Ought to Alimony Recipients be In a position to Save for Retirement?

In Massachusetts, Alimony is defined by the Alimony Reform Act 2011 (the “Act”). We previously examined how the law outlines “necessity” and what case law has developed around this definition: Maintenance: you get what you need! The question we are examining today is whether this definition of need includes saving for the future or retirement.

Chapter 208 Section 53 of the Massachusetts General Laws states:

“a) When determining the appropriate form of maintenance and determining the amount and duration of the support, a court shall take into account: the length of the marriage, the age of the parties, the health of the parties, the income, employment and employability of both parties, including Employability through due diligence and additional training as necessary, economic and non-economic contribution of both parties to the marriage, marital lifestyle, ability of each party to maintain the marital lifestyle, lost economic opportunities as a result of the marriage, and such other factors as the court deems relevant and material. “(Emphasis added) The language in bold above seems to provide a possible argument that the ability to store (if it was a marriage practice) is relevant to what the recipient” needs “. Often, the debtor still has the option to save for retirement. So when alimony payments are so low that a recipient cannot save, inequality arises. The Young versus Young ruling examined in this paper appears to limit future savings when it is not part of the marital lifestyle (restricting the inclusion of future income increases of a payer), but does not directly address this problem.

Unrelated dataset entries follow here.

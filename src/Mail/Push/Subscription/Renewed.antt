-- ===== src/Mail/Push/Subscription/Renewed.antt =====
-- What a renewal of a Graph subscription leaves.
use mail_control.Base.{
  ◌≡◌, refl, String, true, false, Option, none, some, [], arith, is_some, Bool-cases, inl, inr,
  truthy_opt, or_else,
}
use mail_control.Base.Exec.{Result, ok, err, Result-cases, is_ok}
use mail_control.Mail.Account.{MailAccount, Store, disconnected}
use mail_control.Mail.Account.Fence.{mark_paused}
use mail_control.Mail.Microsoft.Graph.{Fault, FaultKind, reauth}
use mail_control.Mail.Push.Graph.{GraphSubscription}
use mail_control.Mail.Push.Subscription.{
  Renewal, SubscriptionAnswer, is_gone, state_for, finish, on_renewal, register, with_client,
  ensure_graph_subscription, is_configured, requested, on_fault, try_renew, renew_row,
}

-- The row stands for the account, is active with an id, shows no error, and says when it was renewed.
pub record IsRenewed (env : Renewal) (before after : GraphSubscription) : Type 0 where
  pub tenant : after.tenant_id ≡ before.tenant_id
  pub account : after.mail_account_id ≡ before.mail_account_id
  pub secret : after.client_state ≡ before.client_state
  pub has_id : is_some after.subscription_id ≡ true
  pub status : after.status ≡ "active"
  pub no_error : after.last_error ≡ none
  pub time : after.renewed_at ≡ some env.now

module _ (env : Renewal) where
  abbrev Leaves : GraphSubscription → Result Fault (Unit {0}) × GraphSubscription → Type 0
  Leaves g (r, after) = is_ok r ≡ true → IsRenewed env g after

  finish-Leaves :
      (g h : GraphSubscription) (r : Result Fault SubscriptionAnswer)
      → h.tenant_id ≡ g.tenant_id
      → h.mail_account_id ≡ g.mail_account_id
      → h.client_state ≡ g.client_state
      → Leaves g (finish env h r)
  unfolding finish
  finish-Leaves g h (ok r) t a c k = record {
    tenant = t;
    account = a;
    secret = c;
    has_id = refl;
    status = refl;
    no_error = refl;
    time = refl;
  }
  finish-Leaves g h (err f) t a c k = absurd (ground (arith, k))

  on_renewal-Leaves :
      (g : GraphSubscription) (r : Result Fault SubscriptionAnswer) → Leaves g (on_renewal env g r)
  unfolding on_renewal
  on_renewal-Leaves g (ok r) k = finish-Leaves g g (ok r) refl refl refl k
  on_renewal-Leaves g (err f) k = elim (Bool-cases (is_gone f.kind)) [
    | inl gone ↦
        rw (on_renewal, gone)
          (finish-Leaves g (record g { subscription_id = none })
            (env.create (record g { subscription_id = none }) (requested env)) refl refl refl
            (rw (on_renewal, gone) at k))
    | inr other ↦ absurd (ground (arith, (rw (on_renewal, other) at k)))
  ]

  register-Leaves : (g : GraphSubscription) → Leaves g (register env g)
  unfolding register
  register-Leaves g k = elim (Bool-cases (truthy_opt g.subscription_id)) [
    | inl old ↦
        rw (register, old)
          (on_renewal-Leaves g (env.renew (or_else g.subscription_id String.[]) (requested env))
            (rw (register, old) at k))
    | inr new ↦
        rw (register, new)
          (finish-Leaves g g (env.create g (requested env)) refl refl refl
            (rw (register, new) at k))
  ]

  with_client-Leaves :
      (g : GraphSubscription) (r : Result Fault (Unit {0})) → Leaves g (with_client env g r)
  unfolding with_client
  with_client-Leaves g (ok u) k = register-Leaves g k
  with_client-Leaves g (err f) k = absurd (ground (arith, k))

  ensure_parts :
      (a : MailAccount) (state : Option GraphSubscription)
      (r : Result Fault (Unit {0}) × GraphSubscription)
      → Leaves (state_for env a state) r
      → let (q, after) : Result Fault (Unit {0}) × Option GraphSubscription = elim r.0 [
        | ok u ↦ (ok tt, some r.1)
        | err f ↦ (err f, elim state [ none ↦ none | some old ↦ some r.1 ])
      ] in
        (is_ok q ≡ true
          → (g : GraphSubscription) × (after ≡ some g) × IsRenewed env (state_for env a state) g)
        × (state ≡ none → is_ok q ≡ false → after ≡ none)
  ensure_parts a state (ok u, g) h = (λ k. (g, refl, h refl), λ s k. absurd (ground (arith, k)))
  ensure_parts a state (err f, g) h = (λ k. absurd (ground (arith, k)), λ s k. rw s refl)

  -- A subscription that is made or renewed is active, has an id, shows no error and stands for its
  -- account, also when the service had forgotten the one that it renews and a new one is made
  -- instead; a call that raises makes no row for an account that had none.
  ensure-IsRenewed :
      (a : MailAccount) (state : Option GraphSubscription)
      → let (r, after) = ensure_graph_subscription env a state in
        (is_ok r ≡ true
          → (g : GraphSubscription) × (after ≡ some g) × IsRenewed env (state_for env a state) g)
        × (state ≡ none → is_ok r ≡ false → after ≡ none)
  unfolding ensure_graph_subscription
  ensure-IsRenewed a state = elim (Bool-cases (is_configured env)) [
    | inr off ↦ rw (ensure_graph_subscription, off) (λ k. absurd (ground (arith, k)), λ s k. s)
    | inl on ↦
        rw (ensure_graph_subscription, on)
          (ensure_parts a state (with_client env (state_for env a state) (env.client_for a))
            (with_client-Leaves (state_for env a state) (env.client_for a)))
  ]

  on_fault_paused :
      (f : Fault) (store : Store) (state : Option GraphSubscription)
      → store.row.status ≡ disconnected
      → let row = on_fault env f store state in
        (row.store.row ≡ store.row) × (row.alerts ≡ []) × (row.is_renewed ≡ false)
  unfolding on_fault
  on_fault_paused f store state h = go f.kind refl
    where
      go :
          (k : FaultKind)
          → f.kind ≡ k
          → let row = on_fault env f store state in
            (row.store.row ≡ store.row) × (row.alerts ≡ []) × (row.is_renewed ≡ false)
      go reauth e =
          let (same_row, refused) = mark_paused store f.error h in
          rw (on_fault, e) (rw refused (same_row, refl, refl))
      go _ e = rw (on_fault, e) (refl, refl, refl)

  -- The row of an account that was paused meanwhile is not written by a renewal, whatever the service
  -- answers, and nobody is alerted about it.
  renew_paused :
      (store : Store) (state : Option GraphSubscription)
      → store.row.status ≡ disconnected
      → ((renew_row env store state).store.row ≡ store.row)
        × ((renew_row env store state).alerts ≡ [])
  unfolding renew_row
  renew_paused store state h = elim (Result-cases (try_renew env store.object state).0) [
    | inl (u, e) ↦ rw (renew_row, e) (refl, refl)
    | inr (f, e) ↦
        rw (renew_row, e)
          (let k = on_fault_paused f store (try_renew env store.object state).1 h in (k.0, k.1))
  ]
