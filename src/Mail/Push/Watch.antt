-- ===== src/Mail/Push/Watch.antt =====
-- The renewal of Gmail watches: modules/mail/gmail_push.py. The calls of Telegram are listed, not made.
pub mod Renewed
use mail_control.Base.{
  ℕ, ◌+◌, ◌*◌, String, Bool, true, false, ◌&&◌, ◌||◌, not, Option, none, some, List, [], ◌∷◌, leb,
  is_none, if◌then◌else◌, truthy, truthy_opt, or_else, clip,
}
use mail_control.Base.Exec.{Result, ok, err}
use mail_control.Identity.Tokens.{append_text}
use mail_control.Mail.Account.{
  MailAccount, MailProvider, gmail, microsoft, AccountStatus, connected, Store, ProviderError,
  mark_reauth_if_current,
}

-- A row of `gmail_watch_states`.
pub record GmailWatchState : Type 0 where
  pub tenant_id : ℕ
  pub mail_account_id : ℕ
  pub history_id : Option String
  pub expiration_at : Option ℕ
  pub renewed_at : Option ℕ
  pub status : String
  pub last_error : Option String

-- The answer of `client.watch`; `expiration` is the text or number of its key.
pub record WatchAnswer : Type 0 where
  pub history_id : Option String
  pub expiration : Option String

pub data WatchFault : Type 0 where
  superseded : WatchFault
  reauth : ProviderError → WatchFault
  other_fault : String → WatchFault

-- `client_for` is `provider_client`: whether its client is one of the Gmail API. `from_millis` is the
-- time of an expiration, and `none` where it is no time.
pub record Renewal : Type 0 where
  pub now : ℕ
  pub topic : String
  pub renewal_seconds : ℕ
  pub client_for : MailAccount → Result WatchFault Bool
  pub watch : MailAccount → Result WatchFault WatchAnswer
  pub from_millis : String → Option ℕ

pub data Notice : Type 0 where
  recovered : Notice
  issue : String → Notice

abbrev new_state : MailAccount → String → GmailWatchState
new_state a status = record {
  tenant_id = a.tenant_id;
  mail_account_id = a.id;
  history_id = none;
  expiration_at = none;
  renewed_at = none;
  status = status;
  last_error = none;
}

abbrev pub state_or_new : MailAccount → Option GmailWatchState → GmailWatchState
state_or_new a none = new_state a "pending"
state_or_new a (some w) = w

-- A row of the loop, after its round.
pub record Row : Type 0 where
  pub store : Store
  pub state : Option GmailWatchState
  pub notices : List Notice
  pub is_renewed : Bool

module _ (env : Renewal) where
  -- `watch_expiration`
  abbrev pub watch_expiration : Option String → Option ℕ
  watch_expiration none = none
  watch_expiration (some value) = env.from_millis value

  abbrev truthy_text : Option String → Option String
  truthy_text o = if truthy_opt o then o else none

  abbrev pub registered : GmailWatchState → WatchAnswer → GmailWatchState
  registered w r = record w {
    history_id = truthy_text r.history_id;
    expiration_at = watch_expiration r.expiration;
    renewed_at = some env.now;
    status = "active";
    last_error = none;
  }

  on_answer :
      MailAccount
      → Option GmailWatchState
      → Result WatchFault WatchAnswer
      → Result WatchFault GmailWatchState
  on_answer a state (err f) = err f
  on_answer a state (ok r) = ok (registered (state_or_new a state) r)

  on_client :
      MailAccount
      → Option GmailWatchState
      → Result WatchFault Bool
      → Result WatchFault GmailWatchState
  unfolding on_answer
  on_client a state (err f) = err f
  on_client a state (ok is_api) =
      if is_api
      then on_answer a state (env.watch a)
      else err (other_fault "Gmail watch requires a Gmail connection")

  -- `renew_gmail_watch`; the row that it was given is written only at its end.
  unfoldable pub renew_gmail_watch :
      MailAccount → Option GmailWatchState → Result WatchFault GmailWatchState
  unfolding on_client
  renew_gmail_watch a state =
      if truthy env.topic
      then on_client a state (env.client_for a)
      else err (other_fault "Gmail Pub/Sub topic is not configured")

  abbrev is_due_account : MailAccount → Bool
  is_due_account a = elim a.provider [
    | microsoft ↦ false
    | gmail ↦ elim a.status [ connected ↦ true | _ ↦ false ]
  ]

  abbrev is_due_state : Option GmailWatchState → Bool
  is_due_state none = true
  is_due_state (some w) =
      is_none w.expiration_at || leb (or_else w.expiration_at 0) (env.now + env.renewal_seconds)

  -- The WHERE clause.
  abbrev pub is_due : MailAccount → Option GmailWatchState → Bool
  is_due a state = is_due_account a && is_due_state state

  abbrev marked : MailAccount → Option GmailWatchState → String → String → Option GmailWatchState
  marked a state status message =
      some (record (state_or_new a state) { status = status; last_error = some message })

  -- The `except` clauses.
  on_fault : WatchFault → Store → Option GmailWatchState → Row
  on_fault superseded store state = record {
    store = store;
    state = state;
    notices = [];
    is_renewed = false;
  }
  on_fault (reauth e) store state =
      let (store', applied) = mark_reauth_if_current store e in
      if applied
      then record {
        store = store';
        state = marked store.object state "reauth_required" e.message;
        notices = issue e.message ∷ [];
        is_renewed = false;
      }
      else record { store = store'; state = state; notices = []; is_renewed = false }
  on_fault (other_fault message) store state = record {
    store = store;
    state = marked store.object state "error" (clip 2000 message);
    notices = issue (append_text "Gmail watch renewal failed: " message) ∷ [];
    is_renewed = false;
  }

  -- One round of the loop.
  unfoldable pub renew_row : Store → Option GmailWatchState → Row
  unfolding on_fault
  renew_row store state = elim (renew_gmail_watch store.object state) [
    | ok w ↦ record { store = store; state = some w; notices = recovered ∷ []; is_renewed = true }
    | err f ↦ on_fault f store state
  ]

  -- The loop of `renew_due_gmail_watches`, where watches are enabled: the rows that are due, after
  -- their rounds.
  pub renew_due : List (Store × Option GmailWatchState) → List Row
  unfolding renew_row
  renew_due [] = []
  renew_due ((store, state) ∷ rest) =
      let later = renew_due rest in
      if is_due store.object state then renew_row store state ∷ later else later
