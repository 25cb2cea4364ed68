-- ===== src/Mail/Push/Watch/Renewed.antt =====
-- What a renewal of a Gmail watch leaves.
use mail_control.Base.{◌≡◌, refl, String, true, false, Option, some, [], clip}
use mail_control.Base.Exec.{ok, err}
use mail_control.Mail.Account.{Store, disconnected, mark_reauth_if_current, ProviderError}
use mail_control.Mail.Account.Fence.{mark_paused}
use mail_control.Mail.Push.Watch.{
  GmailWatchState, reauth, other_fault, Renewal, Row, on_fault, renew_row, renew_gmail_watch,
}

-- How a watch that could not be renewed is shown.
pub record IsMarked (status message : String) (row : Row) : Type 0 where
  pub state :
      (w : GmailWatchState) × (row.state ≡ some w)
      × (w.status ≡ status)
      × (w.last_error ≡ some message)
  pub not_counted : row.is_renewed ≡ false

module _ (env : Renewal) where
  -- A round for an account counts it as renewed just when its watch was renewed; an account whose
  -- refused grant is superseded, and one that was paused meanwhile, is not written and nobody is
  -- alerted; every other error is written to the watch's row, a new one if it has none.
  renew_row_outcome :
      (store : Store) (state : Option GmailWatchState)
      → ((w : GmailWatchState)
          → renew_gmail_watch env store.object state ≡ ok w
          → ((renew_row env store state).state ≡ some w)
            × ((renew_row env store state).is_renewed ≡ true))
        × ((message : String)
            → renew_gmail_watch env store.object state ≡ err (other_fault message)
            → IsMarked "error" (clip 2000 message) (renew_row env store state))
        × ((e : ProviderError)
            → renew_gmail_watch env store.object state ≡ err (reauth e)
            → (mark_reauth_if_current store e).1 ≡ true
            → IsMarked "reauth_required" e.message (renew_row env store state))
        × (store.row.status ≡ disconnected
            → (e : ProviderError) → renew_gmail_watch env store.object state ≡ err (reauth e)
            → ((renew_row env store state).store.row ≡ store.row)
              × ((renew_row env store state).notices ≡ []))
  unfolding renew_row on_fault
  renew_row_outcome store state = (
    λ w h. rw (renew_row, h) (refl, refl),
    λ message h. rw (renew_row, h) (record { state = (_, refl, refl, refl); not_counted = refl }),
    λ e h applied.
        rw (renew_row, h)
          (rw (on_fault, applied) (record { state = (_, refl, refl, refl); not_counted = refl })),
    λ paused e h.
        let (same_row, refused) = mark_paused store e paused in
        rw (renew_row, h) (rw (on_fault, refused) (same_row, refl)),
  )
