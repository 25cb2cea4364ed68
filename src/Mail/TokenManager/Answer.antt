-- ===== src/Mail/TokenManager/Answer.antt =====
-- What a token that `access_token` returns is, and what a superseded refresh leaves.
use mail_control.Base.{
  ℕ, ◌≡◌, ◌≢◌, ◌⊎◌, inl, inr, String, Bool, true, false, Option, none, some, arith, refl, ◌∙◌,
  Option-cases, Bool-cases, truthy,
}
use mail_control.Base.Exec.{Result, ok, err, Result-cases}
use mail_control.Mail.Account.{MailAccount, Store, assign, flush, update_account_if_current}
use mail_control.Mail.Account.Fence.{update_applied, update_superseded, update-flush}
use mail_control.Mail.TokenManager.{
  OAuthTokens, Cipher, TokenFault, reload, is_fresh, is_accepted, is_usable, token_values, publish,
  on_tokens, exchange, current_token, from_current, locked, access_token, is_unavailable,
}

module _ {E : Type 0} (cipher : Cipher) (provider : String → Result E OAuthTokens)
    (world : MailAccount → MailAccount) (now : ℕ) where
  -- The token is the stored one, good for two minutes more, and not the one that was rejected.
  pub record IsStored (rejected : Option String) (t : String) (before after : MailAccount)
      : Type 0 where
    pub stored : String
    pub kept : before.encrypted_access_token ≡ some stored
    pub decrypts : cipher.decrypt stored ≡ some t
    pub fresh : is_fresh now before.access_token_expires_at ≡ true
    pub accepted : is_accepted rejected t ≡ true
    pub unchanged : after ≡ before

  -- The token is new: the provider gave it for the grant of the row, which still held that grant
  -- when the tokens were written.
  pub record IsRenewed (t : String) (before after : MailAccount) : Type 0 where
    pub plain : String
    pub tokens : OAuthTokens
    pub grant : cipher.decrypt before.encrypted_refresh_token ≡ some plain
    pub given : provider plain ≡ ok tokens
    pub is_token : t ≡ tokens.access_token
    pub current : (world before).encrypted_refresh_token ≡ before.encrypted_refresh_token
    pub written : after ≡ record (world before) {
      auth = assign (token_values cipher provider world now tokens) (world before).auth;
    }

  exchange_ok :
      (s : Store) (t : String)
      → let grant = s.row.encrypted_refresh_token in
        (exchange cipher provider world now grant (cipher.decrypt grant) s).0 ≡ ok t
        → IsRenewed t s.row
            (exchange cipher provider world now grant (cipher.decrypt grant) s).1.row
  unfolding exchange on_tokens publish
  exchange_ok s t h =
      let grant = s.row.encrypted_refresh_token in
      let s' : Store = record s { row = world s.row } in
      elim (Option-cases (cipher.decrypt grant)) [
        | inl broken ↦ absurd (ground (arith, broken, h))
        | inr (plain, d) ↦ elim (Result-cases (provider plain)) [
          | inr (e, p) ↦ absurd (ground (arith, d, p, h))
          | inl (tokens, p) ↦
              let v = token_values cipher provider world now tokens in
              elim (Bool-cases (update_account_if_current s' grant v).1) [
                | inr refused ↦ absurd (ground (arith, d, p, h, refused))
                | inl applied ↦
                    let (c, w) = update_applied s' grant v applied in
                    rw (d, p, applied, exchange, on_tokens, publish)
                      (record {
                        plain = plain;
                        tokens = tokens;
                        grant = d;
                        given = p;
                        is_token = ground (arith, d, p, h, applied);
                        current = c.same_grant;
                        written = update-flush s' grant v ∙ w;
                      })
              ]
        ]
      ]

  current_stored :
      (o : Option String) (c : String)
      → current_token cipher provider world now o ≡ ok (some c)
      → (stored : String) × (o ≡ some stored) × (cipher.decrypt stored ≡ some c)
  unfolding current_token
  current_stored none c h = absurd (cc)
  current_stored (some stored) c h = (
    stored,
    refl,
    elim (Option-cases (cipher.decrypt stored)) [
      | inl broken ↦ absurd (ground (arith, broken, h))
      | inr (t, d) ↦ ground (arith, d, h)
    ],
  )

  from_current_ok :
      (rejected : Option String) (b : Store) (r : Result (TokenFault E) (Option String))
      (t : String)
      → current_token cipher provider world now b.row.encrypted_access_token ≡ r
      → (from_current cipher provider world now rejected r (reload b)).0 ≡ ok t
      → let after = (from_current cipher provider world now rejected r (reload b)).1.row in
        IsStored rejected t b.row after ⊎ IsRenewed t b.row after
  unfolding from_current
  from_current_ok rejected b (err e) t c h = absurd (cc)
  from_current_ok rejected b (ok none) t c h = inr (exchange_ok (reload b) t h)
  from_current_ok rejected b (ok (some current)) t c h =
      let (stored, k, d) = current_stored b.row.encrypted_access_token current c in
      elim (Bool-cases (
        is_usable cipher provider world now rejected b.row.access_token_expires_at
          (some current))) [
            | inl usable ↦
                let is_t : current ≡ t = ground (arith, usable, h) in
                inl (
                  rw (usable, from_current)
                    (record {
                      stored = stored;
                      kept = k;
                      decrypts = rw (← is_t) d;
                      fresh = ground (arith, usable);
                      accepted = ground (arith, usable, is_t);
                      unchanged = refl;
                    }))
            | inr old ↦
                inr
                  (rw (old, from_current) (exchange_ok (reload b) t (rw (old, from_current) at h)))
          ]

  locked_ok :
      (rejected : Option String) (b : Store) (t : String)
      → (locked cipher provider world now rejected (reload b)).0 ≡ ok t
      → let after = (locked cipher provider world now rejected (reload b)).1.row in
        IsStored rejected t b.row after ⊎ IsRenewed t b.row after
  unfolding locked
  locked_ok rejected b t h = elim (Bool-cases (is_unavailable b.row.status)) [
    | inl paused ↦ absurd (ground (arith, paused, h))
    | inr ready ↦ elim (Bool-cases (truthy b.row.encrypted_refresh_token)) [
      | inr missing ↦ absurd (ground (arith, ready, missing, h))
      | inl granted ↦
          rw (ready, granted, locked)
            (from_current_ok rejected b
              (current_token cipher provider world now b.row.encrypted_access_token) t refl
              (rw (ready, granted, locked) at h))
    ]
  ]

  -- A token that is returned is the stored one, which is good for two minutes more and is not the
  -- rejected one, with the row unchanged; or the provider gave it for the row's grant, which no
  -- newer authorization had replaced when the new credentials were written.
  pub access_token_answer :
      (acquired : Bool) (rejected : Option String) (s : Store) (t : String)
      → (access_token cipher provider world now acquired rejected s).0 ≡ ok t
      → let after = (access_token cipher provider world now acquired rejected s).1.row in
        IsStored rejected t (flush s).row after ⊎ IsRenewed t (flush s).row after
  unfolding access_token
  access_token_answer true rejected s t h = locked_ok rejected (flush s) t h
  access_token_answer false rejected s t h = absurd (cc)

  -- The row is as it was before, or as other transactions have left it.
  abbrev pub IsUnwritten : MailAccount → MailAccount → Type 0
  IsUnwritten before after = (after ≡ before) ⊎ (after ≡ world before)

  exchange_overtaken :
      (s : Store)
      → s.row.encrypted_refresh_token ≢ (world s.row).encrypted_refresh_token
      → let grant = s.row.encrypted_refresh_token in
        IsUnwritten s.row (exchange cipher provider world now grant (cipher.decrypt grant) s).1.row
  unfolding exchange on_tokens publish
  exchange_overtaken s h =
      let grant = s.row.encrypted_refresh_token in
      let s' : Store = record s { row = world s.row } in
      elim (Option-cases (cipher.decrypt grant)) [
        | inl broken ↦ inl (rw broken refl)
        | inr (plain, d) ↦ elim (Result-cases (provider plain)) [
          | inr (e, p) ↦ inr (rw (d, p, exchange, on_tokens) refl)
          | inl (tokens, p) ↦
              let v = token_values cipher provider world now tokens in
              let w = update_superseded s' grant v (inr h) in
              elim (Bool-cases (update_account_if_current s' grant v).1) [
                | inl applied ↦
                    inr (
                      rw (d, p, applied, exchange, on_tokens, publish)
                        (update-flush s' grant v ∙ w))
                | inr refused ↦ inr (rw (d, p, refused, exchange, on_tokens, publish) w)
              ]
        ]
      ]

  from_current_overtaken :
      (rejected : Option String) (b : Store) (r : Result (TokenFault E) (Option String))
      → b.row.encrypted_refresh_token ≢ (world b.row).encrypted_refresh_token
      → IsUnwritten b.row (from_current cipher provider world now rejected r (reload b)).1.row
  unfolding from_current
  from_current_overtaken rejected b (err e) h = inl refl
  from_current_overtaken rejected b (ok none) h = exchange_overtaken (reload b) h
  from_current_overtaken rejected b (ok (some current)) h =
      elim (Bool-cases (
        is_usable cipher provider world now rejected b.row.access_token_expires_at
          (some current))) [
            | inl usable ↦ inl (rw (usable, from_current) refl)
            | inr old ↦ rw (old, from_current) (exchange_overtaken (reload b) h)
          ]

  -- When a newer authorization replaces the grant while the provider is asked, the refresh of the
  -- older grant writes nothing, whatever the provider answers.
  pub overtaken_refresh_writes_nothing :
      (rejected : Option String) (s : Store)
      → (flush s).row.encrypted_refresh_token ≢ (world (flush s).row).encrypted_refresh_token
      → IsUnwritten (flush s).row (access_token cipher provider world now true rejected s).1.row
  unfolding access_token locked
  overtaken_refresh_writes_nothing rejected s h =
      let b = flush s in
      elim (Bool-cases (is_unavailable b.row.status)) [
        | inl paused ↦ inl (rw (paused, locked) refl)
        | inr ready ↦ elim (Bool-cases (truthy b.row.encrypted_refresh_token)) [
          | inr missing ↦ inl (rw (ready, missing, locked) refl)
          | inl granted ↦
              rw (ready, granted, locked)
                (from_current_overtaken rejected b
                  (current_token cipher provider world now b.row.encrypted_access_token) h)
        ]
      ]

There is a case before the law (2004) dealing with this issue and the question remains whether or not this case is still lawful given the new definition in the law. Cooper v. Cooper was an alimony and alimony mod where the appeals court found the lower court had gone too far with the alimony increase, stating:

“To the extent that the price depends on the judge’s determination that it was made in part as a guarantee[e] future continuity of the former marital ward ‘it was also inappropriate. A maintenance allowance that exceeds current needs in order to enable an accumulation of assets or savings for the future can only be appropriate if this allowance is made in accordance with GL c. 208, § 34. ‘Under GL c. 208, § 34, maintenance and asset allocation are related. . . . The necessity is an essential element, but obviously not the only one in a fair distribution of property according to § 34. “Rosenberg v. Rosenberg, 33 Mass. App. Ct. 903: 904 (1992). “While Cooper is a pre-act case, he gives a hint of other ways to address age needs in addition to maintenance by referring to the property division act. Arguably when the maintenance payer has a greater ability to Um To save for retirement, the maintenance beneficiary may need to have a larger portion of the existing retirement in the division of property to account for this inequality. This is of course only an option if there are enough assets to be divided at the time of the maintenance. and the aim of the court is not to create financial equality between the parties indefinitely (as the Young case shows), but to fairly share property at the time of divorce, whatever that means.

Ultimately, the answer to this question is excellent and we may receive additional guidance if someone raises the issue on appeal. In the meantime, divorced spouses can continue to be creative in how they argue and resolve disputes that relate to the just way of addressing their needs now and in the future. Mediation and collaborative law encourage spouses to expand the conversation in this way, addressing short and long term goals, resolving conflicts today and preventing them from reoccurring in the future.